Small molecule drugs that target the B-cell antigen receptor (BCR) signalosome show clinical efficacy in the treatment of B-cell non-Hodgkin lymphoma. These agents, including Bruton’s tyrosine kinase (BTK) inhibitor PCI -32765, show an unexpected response in patients with chronic lymphocytic leukemia (CLL): a rapid and sustained reduction in lymphadenopathy accompanied by transient lymphocytosis, which is reversible with the temporary withdrawal of the drug. We hypothesize that this clinical response reflects impairment of integrin-mediated adhesion and/or migration.
Here, we show that PCI-32765 strongly inhibits BCR-controlled signaling and α4β1 integrin-mediated adhesion to fibronectin and VCAM-1 of lymphoma cell lines and primary CLL cells. In addition, PCI-32765 also inhibits CXCL12, CXCL13, and CCL19-induced signaling, adhesion, and migration of primary CLL cells. Our data indicate that BTK inhibition by PCI-32765 outpaces BCR- and chemokine-controlled integrin-mediated malignant B cell retention and localization of malignant B cells in their lymph node and bone marrow microenvironment that support growth and survival. , resulting in a clinically evident CLL regression.
Chronic lymphocytic leukemia (CLL), the most common adult leukemia, is an incurable malignancy of mature B lymphocytes characterized by the accumulation of resting malignant B cells in peripheral blood and the presence of proliferating malignant B cells in the lymph nodes (LN ), spleen, and bone marrow (MO). It is well established that the tumor microenvironment plays an important role in the pathogenesis of CLL: various cytokines, chemokines, and adhesion molecules provided within the LN, spleen, and BM microenvironment, as well as signaling by the B cell antigen receptor (BCR), they play a fundamental role in the localization, growth, survival and drug resistance of CLL cells.
Because antigen-driven, chronic, or tonic BCR signaling is involved in the pathogenesis of most types of B-cell malignancies, the BCR signalosome provides a rational therapeutic target, even for CLL.9 BTK) is a particularly promising target: it is a key component of the BCR signaling pathway, it is only critical for B cells, and loss of BTK function is not lethal (eg, patients with X-linked agammaglobulinemia and Btk-deficient mice).

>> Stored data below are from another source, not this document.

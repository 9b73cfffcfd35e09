-- ===== src/History/Loaded.antt =====
-- Append, and then Load.
use d9s.Base.{
  ◌<◌, ◌≡◌, ◌≢◌, ◌∙◌, refl, sym, ap, false, inr, List, [], ◌∷◌, ◌++◌, append_assoc, append-nil,
  Option, none, some, Bytes, leb, length, equal, equal_iff, trim_space, arith, All, All-append,
  Lacks,
}
use d9s.Script.Split.{split_lines}
use d9s.Script.Split.Lines.{split_lines-append, split_lines_end}
use d9s.History.{
  Entry, Codec, max_line_bytes, dedup, with_statement, prepend, text_entry, read_line, read_lines,
  load, append_entry,
}
use d9s.History.Recorded.{without, dedup-append}

-- A line that the scanner reads: no line end in it, and not too long.
abbrev pub IsLine : Bytes → Type 0
IsLine line = Lacks b'\n' line × (length line < max_line_bytes)

-- A file of lines, each with its end.
abbrev pub lines_text : List Bytes → Bytes
lines_text [] = []
lines_text (line ∷ lines) = line ++ (b'\n' ∷ lines_text lines)

split_lines-lines_text :
    (lines : List Bytes) → All IsLine lines → split_lines (lines_text lines) [] ≡ lines ++ ([] ∷ [])
split_lines-lines_text [] h = (split_lines_end [] []).0
split_lines-lines_text (line ∷ lines) h =
    split_lines-append line [] (b'\n' ∷ lines_text lines) h.0.0
    ∙ (split_lines_end line (lines_text lines)).1
    ∙ ap (λ r. line ∷ r) (split_lines-lines_text lines h.1)

lines_text-append :
    (lines : List Bytes) (line : Bytes)
    → lines_text lines ++ (line ++ b'\n' ∷ []) ≡ lines_text (lines ++ (line ∷ []))
lines_text-append [] line = refl
lines_text-append (l ∷ lines) line =
    append_assoc l (b'\n' ∷ lines_text lines) (line ++ b'\n' ∷ [])
    ∙ ap (λ r. l ++ (b'\n' ∷ r)) (lines_text-append lines line)

prepend-append :
    {A : Type 0} (o : Option A) (xs ys : List A) → prepend o (xs ++ ys) ≡ prepend o xs ++ ys
prepend-append none xs ys = refl
prepend-append (some x) xs ys = refl

module _ {E : Type 0} (codec : Codec E) where
  read_lines-append :
      (lines more : List Bytes)
      → All IsLine lines
      → read_lines codec (lines ++ more) ≡ read_lines codec lines ++ read_lines codec more
  unfolding read_lines
  read_lines-append [] more h = refl
  read_lines-append (line ∷ lines) more h =
      let fits : leb max_line_bytes (length line) ≡ false = ground (arith, h.0.1) in
      rw (fits, read_lines-append lines more h.1)
        (prepend-append (read_line codec line) (read_lines codec lines) (read_lines codec more))

  -- An entry that the codec writes as a line, and reads back.
  pub record IsWritten (e : Entry) (line : Bytes) : Type 0 where
    pub encoded : codec.encode e ≡ inr line
    pub decoded : codec.decode line ≡ some e
    pub is_line : IsLine line
    pub trimmed : trim_space line ≡ line
    pub not_blank : line ≢ []
    pub has_statement : e.statement ≢ []

  text_entry-written :
      (e : Entry) (line : Bytes) → IsWritten e line → text_entry codec line ≡ some e
  unfolding text_entry with_statement
  text_entry-written e line w =
      ground (
        arith,
        w.decoded,
        w.not_blank,
        w.has_statement,
        equal_iff line [],
        equal_iff e.statement [],
      )

  read_line-written : (e : Entry) (line : Bytes) → IsWritten e line → read_line codec line ≡ some e
  unfolding read_line
  read_line-written e line w = ap (text_entry codec) w.trimmed ∙ text_entry-written e line w

  read_line_empty : read_line codec [] ≡ none
  unfolding read_line text_entry trim_space equal
  read_line_empty = refl

  no_line : read_lines codec ([] ∷ []) ≡ []
  unfolding read_lines
  no_line = rw read_line_empty refl

  one_line : (e : Entry) (line : Bytes) → IsWritten e line → read_lines codec (line ∷ []) ≡ e ∷ []
  unfolding read_lines
  one_line e line w =
      let fits : leb max_line_bytes (length line) ≡ false = ground (arith, w.is_line.1) in
      rw (fits, read_line-written e line w) refl

  -- What the scanner reads of a file of lines.
  read_lines-lines_text :
      (lines : List Bytes)
      → All IsLine lines
      → read_lines codec (split_lines (lines_text lines) []) ≡ read_lines codec lines
  read_lines-lines_text lines h =
      ap (read_lines codec) (split_lines-lines_text lines h)
      ∙ read_lines-append lines ([] ∷ []) h
      ∙ ap (λ r. read_lines codec lines ++ r) no_line
      ∙ append-nil (read_lines codec lines)

  -- Appending an entry to a file of lines, none of which is too long, adds a line to it, and Load then
  -- gives that entry first and behind it what it gave before, less any entry of the same statement. The
  -- codec is taken to write the entry as one line that it reads back.
  pub load-append_entry :
      (lines : List Bytes) (e : Entry) (line : Bytes)
      → All IsLine lines
      → IsWritten e line
      → (append_entry codec (some (lines_text lines)) e ≡ inr (lines_text (lines ++ (line ∷ []))))
        × (load codec (some (lines_text (lines ++ (line ∷ []))))
            ≡ e ∷ without e.statement (load codec (some (lines_text lines))))
  unfolding load append_entry
  load-append_entry lines e line h w =
      let all = All-append IsLine lines (line ∷ []) h (w.is_line, tt) in
      (
        rw (w.encoded, lines_text-append lines line) refl,
        ap dedup (
              read_lines-lines_text (lines ++ (line ∷ [])) all
              ∙ read_lines-append lines (line ∷ []) h
              ∙ ap (λ r. read_lines codec lines ++ r) (one_line e line w))
            ∙ dedup-append (read_lines codec lines) e
            ∙ ap (λ r. e ∷ without e.statement (dedup r)) (sym (read_lines-lines_text lines h)),
      )
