-- ===== src/Mcp.antt =====
-- internal/mcp: the server that answers an agent. Redact scrubs secrets, Cut and Guard bound a
-- response, Table prints a result, Pool keeps the sessions that Opener connects, Listing has the tools that
-- list, and Query is the write gate.
pub mod Redact
pub mod Cut
pub mod Pool
pub mod Query
pub mod Table
pub mod Listing
pub mod Opener
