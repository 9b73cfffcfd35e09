-- ===== src/Mcp/Redact.antt =====
-- internal/mcp/redact.go: the redactor.
pub mod Scrubbed
use d9s.Base.{
  ℕ, ◌≡◌, refl, Bool, true, false, ◌||◌, List, [], ◌∷◌, ◌++◌, Bytes, codes, ltb, if◌then◌else◌,
  length, equal, replace_all,
}

-- redactedMarker
abbrev pub redacted_marker : Bytes
redacted_marker = codes "[redacted]"

-- minRedactLen
abbrev pub min_redact_len : ℕ
min_redact_len = 4

-- redactor; the state is its list of values.
abbrev pub Redactor : Type 0
Redactor = List Bytes

-- The loop of add over the known values.
unfoldable pub knows : Redactor → Bytes → Bool
knows [] v = false
knows (known ∷ values) v = equal known v || knows values v

-- add
unfoldable pub add : Redactor → Bytes → Redactor
unfolding knows
add values v =
    if ltb (length v) min_redact_len
    then values
    else if knows values v
    then values
    else values ++ v ∷ []

-- scrub
unfoldable pub scrub : Redactor → Bytes → Bytes
scrub [] s = s
scrub (v ∷ values) s = scrub values (replace_all s v redacted_marker)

Indeed, the irreversible, orally-administered, potent, selective small molecule BTK inhibitor PCI-3276511 shows promising clinical activity in phase 1 and 2 studies in B-cell non-Hodgkin lymphoma, including complete or partial remission in a significant proportion of enrolled patients with diffuse large B-cell lymphoma, mantle cell lymphoma, and CLL.12-14
Interestingly, patients with CLL show an unexpected clinical response to treatment with PCI-32765: a rapid (in days) and sustained reduction of lymphadenopathy is accompanied by transient lymphocytosis, which is reversible after temporary withdrawal of the drug13 (R. Advani, JJB, and N. Fowler, unpublished observations, 2010).
In particular, some of the other effective small molecule drugs that target the BCR signaling pathway, namely the SYK (R788 / R406) and PI3K (CAL-101) inhibitors, show a similar response in clinical trials. with CLL.15,16 On the basis of our previous studies on B17-19 cell adhesion and migration, we hypothesized that this clinical response reflects the attenuated retention of the microenvironment and localization of CLL cells due to adhesion or BCR- or chemokine-controlled integrin-mediated migration.
Namalwa, Daudi, L363 or primary CLL cells from patients, pretreated for 1 hour with 1μM PCI-32765, were allowed to adhere to 96-well plates coated with fibronectin or VCAM-1 in the presence of anti-IgM, phorbol 12-myristate 13-acetate (PMA), or chemokines (CXCL12, CXCL13, or CCL19), or were allowed to migrate to these chemokines in VCAM-1 coated transwells, essentially as previously described.
For more details and others methods, see Supplementary Methods (available on Blood’s website; see Supplementary Materials link at the top of the online article). This study was carried out and approved by the Medical Committee for Human Experimentation of the Academic Medical Center. Informed consent was obtained in accordance with the Declaration of Helsinki.